Activity: Write out again, exactly, the lines below starting at the one with "Known s.source known" and ending at the one with "let (r, found, known')".

Material supplied:
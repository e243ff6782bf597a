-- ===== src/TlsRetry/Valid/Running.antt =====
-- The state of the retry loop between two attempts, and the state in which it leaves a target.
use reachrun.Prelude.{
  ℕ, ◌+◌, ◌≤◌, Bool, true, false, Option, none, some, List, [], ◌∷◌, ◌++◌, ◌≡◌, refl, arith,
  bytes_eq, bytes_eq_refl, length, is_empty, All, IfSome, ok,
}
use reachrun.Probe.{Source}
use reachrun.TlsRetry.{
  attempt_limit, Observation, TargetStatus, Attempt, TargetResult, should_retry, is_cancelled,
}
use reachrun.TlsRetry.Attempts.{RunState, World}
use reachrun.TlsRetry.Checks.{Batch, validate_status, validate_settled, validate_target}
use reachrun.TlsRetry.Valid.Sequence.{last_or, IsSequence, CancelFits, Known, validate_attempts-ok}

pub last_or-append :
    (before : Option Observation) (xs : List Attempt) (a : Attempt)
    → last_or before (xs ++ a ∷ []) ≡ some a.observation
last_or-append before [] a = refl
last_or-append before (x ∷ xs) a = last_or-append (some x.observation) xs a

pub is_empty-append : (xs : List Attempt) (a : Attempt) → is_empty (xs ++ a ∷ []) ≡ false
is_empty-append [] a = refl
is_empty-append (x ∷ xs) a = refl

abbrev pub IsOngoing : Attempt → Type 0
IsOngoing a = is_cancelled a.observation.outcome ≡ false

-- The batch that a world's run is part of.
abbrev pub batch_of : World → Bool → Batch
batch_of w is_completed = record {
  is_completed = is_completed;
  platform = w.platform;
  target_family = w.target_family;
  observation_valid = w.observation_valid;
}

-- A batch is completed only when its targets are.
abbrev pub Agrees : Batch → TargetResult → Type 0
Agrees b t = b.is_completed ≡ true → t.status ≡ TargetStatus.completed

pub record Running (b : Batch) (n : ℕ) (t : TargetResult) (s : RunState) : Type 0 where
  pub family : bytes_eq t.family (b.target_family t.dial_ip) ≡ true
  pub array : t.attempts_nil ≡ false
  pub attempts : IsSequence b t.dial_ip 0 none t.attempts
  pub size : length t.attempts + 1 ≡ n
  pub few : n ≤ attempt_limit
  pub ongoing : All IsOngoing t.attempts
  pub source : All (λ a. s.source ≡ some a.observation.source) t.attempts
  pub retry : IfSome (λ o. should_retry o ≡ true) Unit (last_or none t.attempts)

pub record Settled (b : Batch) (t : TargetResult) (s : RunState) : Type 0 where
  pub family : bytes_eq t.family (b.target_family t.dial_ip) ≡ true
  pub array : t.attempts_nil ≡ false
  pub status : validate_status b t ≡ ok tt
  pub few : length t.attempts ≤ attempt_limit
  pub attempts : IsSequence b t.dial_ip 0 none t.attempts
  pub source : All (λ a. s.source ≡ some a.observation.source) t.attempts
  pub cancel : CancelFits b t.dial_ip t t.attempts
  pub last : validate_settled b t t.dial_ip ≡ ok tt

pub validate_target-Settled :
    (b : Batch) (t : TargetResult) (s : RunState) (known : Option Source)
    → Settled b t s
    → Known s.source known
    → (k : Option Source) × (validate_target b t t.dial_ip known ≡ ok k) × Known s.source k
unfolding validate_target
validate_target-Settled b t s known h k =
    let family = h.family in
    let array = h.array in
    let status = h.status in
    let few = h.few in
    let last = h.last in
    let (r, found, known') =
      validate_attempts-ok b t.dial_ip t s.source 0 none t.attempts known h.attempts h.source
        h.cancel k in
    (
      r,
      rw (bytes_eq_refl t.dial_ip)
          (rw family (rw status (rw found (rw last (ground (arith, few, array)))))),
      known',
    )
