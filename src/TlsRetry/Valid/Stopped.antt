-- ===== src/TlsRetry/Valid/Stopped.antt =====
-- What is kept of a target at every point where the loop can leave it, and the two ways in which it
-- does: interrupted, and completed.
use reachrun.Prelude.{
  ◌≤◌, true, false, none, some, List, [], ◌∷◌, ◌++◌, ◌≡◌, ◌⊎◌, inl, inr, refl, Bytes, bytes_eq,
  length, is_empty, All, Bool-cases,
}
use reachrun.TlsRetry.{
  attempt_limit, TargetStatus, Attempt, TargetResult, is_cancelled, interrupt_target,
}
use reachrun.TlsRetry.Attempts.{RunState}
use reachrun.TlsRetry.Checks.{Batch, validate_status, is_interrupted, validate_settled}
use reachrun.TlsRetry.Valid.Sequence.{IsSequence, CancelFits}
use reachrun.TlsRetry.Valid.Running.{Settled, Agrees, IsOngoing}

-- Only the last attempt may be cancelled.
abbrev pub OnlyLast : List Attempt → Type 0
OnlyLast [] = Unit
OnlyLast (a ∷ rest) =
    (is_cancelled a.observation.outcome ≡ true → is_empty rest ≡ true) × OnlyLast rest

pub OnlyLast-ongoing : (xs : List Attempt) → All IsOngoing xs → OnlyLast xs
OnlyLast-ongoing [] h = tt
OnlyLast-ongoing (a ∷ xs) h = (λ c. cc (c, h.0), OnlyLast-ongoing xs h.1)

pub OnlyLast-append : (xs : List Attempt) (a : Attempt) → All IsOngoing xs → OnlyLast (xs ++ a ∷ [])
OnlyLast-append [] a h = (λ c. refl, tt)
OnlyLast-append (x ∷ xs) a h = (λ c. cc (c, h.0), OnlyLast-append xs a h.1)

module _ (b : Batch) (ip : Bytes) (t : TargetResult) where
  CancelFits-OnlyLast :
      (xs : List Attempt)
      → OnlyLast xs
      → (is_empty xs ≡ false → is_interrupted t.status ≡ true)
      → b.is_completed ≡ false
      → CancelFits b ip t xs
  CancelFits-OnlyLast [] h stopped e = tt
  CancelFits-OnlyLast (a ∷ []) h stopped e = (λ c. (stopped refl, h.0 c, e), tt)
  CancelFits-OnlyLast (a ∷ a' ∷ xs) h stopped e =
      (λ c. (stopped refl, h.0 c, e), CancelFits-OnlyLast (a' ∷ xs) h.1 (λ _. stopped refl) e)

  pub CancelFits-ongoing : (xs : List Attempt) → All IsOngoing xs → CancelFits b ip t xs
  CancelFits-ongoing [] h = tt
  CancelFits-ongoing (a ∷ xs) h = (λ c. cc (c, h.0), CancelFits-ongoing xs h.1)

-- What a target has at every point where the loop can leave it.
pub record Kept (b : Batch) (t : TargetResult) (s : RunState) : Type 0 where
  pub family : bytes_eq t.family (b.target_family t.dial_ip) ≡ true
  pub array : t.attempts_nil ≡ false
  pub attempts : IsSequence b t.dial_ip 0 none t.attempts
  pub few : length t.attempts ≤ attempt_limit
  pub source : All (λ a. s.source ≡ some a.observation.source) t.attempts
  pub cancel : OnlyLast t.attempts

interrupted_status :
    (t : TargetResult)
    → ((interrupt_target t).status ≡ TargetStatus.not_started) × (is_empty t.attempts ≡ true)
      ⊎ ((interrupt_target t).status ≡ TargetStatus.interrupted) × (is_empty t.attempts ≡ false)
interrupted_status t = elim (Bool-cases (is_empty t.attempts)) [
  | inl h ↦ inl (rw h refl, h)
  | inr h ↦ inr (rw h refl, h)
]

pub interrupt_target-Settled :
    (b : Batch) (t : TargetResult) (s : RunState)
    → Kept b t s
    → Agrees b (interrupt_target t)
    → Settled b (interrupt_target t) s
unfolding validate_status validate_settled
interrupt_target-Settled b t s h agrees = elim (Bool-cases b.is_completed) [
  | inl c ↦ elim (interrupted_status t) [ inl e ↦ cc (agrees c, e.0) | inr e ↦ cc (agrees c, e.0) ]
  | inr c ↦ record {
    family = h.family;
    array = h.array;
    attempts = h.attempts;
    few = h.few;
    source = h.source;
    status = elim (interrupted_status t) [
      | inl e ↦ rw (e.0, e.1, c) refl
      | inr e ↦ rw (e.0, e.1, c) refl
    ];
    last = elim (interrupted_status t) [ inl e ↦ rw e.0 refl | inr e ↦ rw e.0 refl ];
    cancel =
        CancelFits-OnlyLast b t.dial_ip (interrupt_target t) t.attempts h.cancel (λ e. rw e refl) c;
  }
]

Answer to this exercise:
    → Known s.source known
    → (k : Option Source) × (validate_target b t t.dial_ip known ≡ ok k) × Known s.source k
unfolding validate_target
validate_target-Settled b t s known h k =
    let family = h.family in
    let array = h.array in
    let status = h.status in
    let few = h.few in
    let last = h.last in
    let (r, found, known') =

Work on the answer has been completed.